The various operations that are used during the extraction of the voice
source parameters from speech, have influence on the magnitude of these
parameters. In order to re-estimate the true magnitude of the parameters
these effects have to be corrected.
From the tests on synthetic speech it appeared that both methods succeed
in estimating the voice source parameters quite accurately. The results
obtained for the amplitude parameter U0 are better than those of the time
parameters Te, Tp, and Ta. For synthetic speech the second method is slightly
better than the first method.
REFERENCES
[1] L. Boves, J. Kerkhoff, and H. Loman. "A new synthesis model for an allophone
based text-to-speech system." Proceedings of the European Conference on
Speech Technology, J. Laver and M.A. Jack (eds.), Edinburgh, Vol. II, pp.
385-388, 1987.
[2] D.H. Klatt and L. Klatt. "Analysis, synthesis, and perception of voice
quality variations among female and male talkers, " J. Acoust. Soc. Am.
87(2), pp. 820-857, 1990.
[3] T.V. Anantapadmanabha and G. Fant. "Calculation of true glottal flow
and its components, " Speech Communication, Vol. 1, pp. 167-184, 1982.

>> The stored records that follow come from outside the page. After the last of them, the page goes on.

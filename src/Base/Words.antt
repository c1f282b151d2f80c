-- ===== src/Base/Words.antt =====
-- Unsigned machine words as native numbers: saturating and wrapping arithmetic.
use Prim.Native.Nat.{ℕ, ◌+◌, ◌-◌, ◌*◌, ◌%◌, ◌^◌}
use mathlib.Core.Bool.{Bool}
use vulos_relay.Base.Tests.{ltb, leb, if◌then◌else◌}

abbrev pub u64_max : ℕ
u64_max = 2 ^ 64 - 1

abbrev pub u32_max : ℕ
u32_max = 2 ^ 32 - 1

-- `u64::saturating_add`, `u64::saturating_mul`; `saturating_sub` is `-` on ℕ.
abbrev pub sat_add : ℕ → ℕ → ℕ
sat_add a b = if leb (a + b) u64_max then a + b else u64_max

abbrev pub sat_mul : ℕ → ℕ → ℕ
sat_mul a b = if leb (a * b) u64_max then a * b else u64_max

-- `u64` addition in a release build.
abbrev pub wrap_add : ℕ → ℕ → ℕ
wrap_add a b = (a + b) % 2 ^ 64

-- `u64` subtraction in a release build; on two's complement words it is that of `i64`.
abbrev pub wrap_sub : ℕ → ℕ → ℕ
wrap_sub a b = (a + (2 ^ 64 - b % 2 ^ 64)) % 2 ^ 64

-- `<` on `i64`, by two's complement words.
abbrev pub signed_lt : ℕ → ℕ → Bool
signed_lt a b = ltb ((a + 2 ^ 63) % 2 ^ 64) ((b + 2 ^ 63) % 2 ^ 64)
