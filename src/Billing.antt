-- ===== src/Billing.antt =====
-- crates/broker-billing: metering, tariffs, receipts, prepaid credit, settlement, stake.
pub mod Kind
pub mod Meter
pub mod Tariff
pub mod Prepaid
pub mod Settlement
pub mod Receipt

[4] J. de Veth, B. Cranen, H. Strik, and L. Boves. "Extraction of control
parameters for the voice source in a text-to-speech system, " Proc. Int.
Conf. Acoust. Speech Signal Processing, Vol. 1, pp. 301-304, 1990.
[5] H. Strik and L. Boves. "On the relation between voice source parameters
and prosodic features in connected speech, " to appear in Speech Communication,
Vol. 11, 1992.
[6] G. Fant, J. Liljencrants and Q. Lin. "A four parameter model of glottal
flow, " STL-QPSR, Vol. 4, pp. 1-13, 1985.
[7] D.G. Childers and C.K. Lee. "Vocal quality factors: Analysis, synthesis,
and perception, " J. Acoust. Soc. Am. 90(5), pp. 2394-2410, 1991.
[8] C.A. Bickley and K.N. Stevens. "Effects of a vocal-tract constriction
on the glottal source: experimental and modelling studies, " J. of Phon.,
Vol. 14, pp. 373-382, 1986.
[9] R. Carlson, G. Fant, C. Gobl, B. Granstrom, I. Karlsson and Q. Lin.
"Voice source rules for text-to-speech synthesis, " Proc. Int. Conf. Acoust.
Speech Signal Processing, Vol. 1, pp. 223-226, 1989.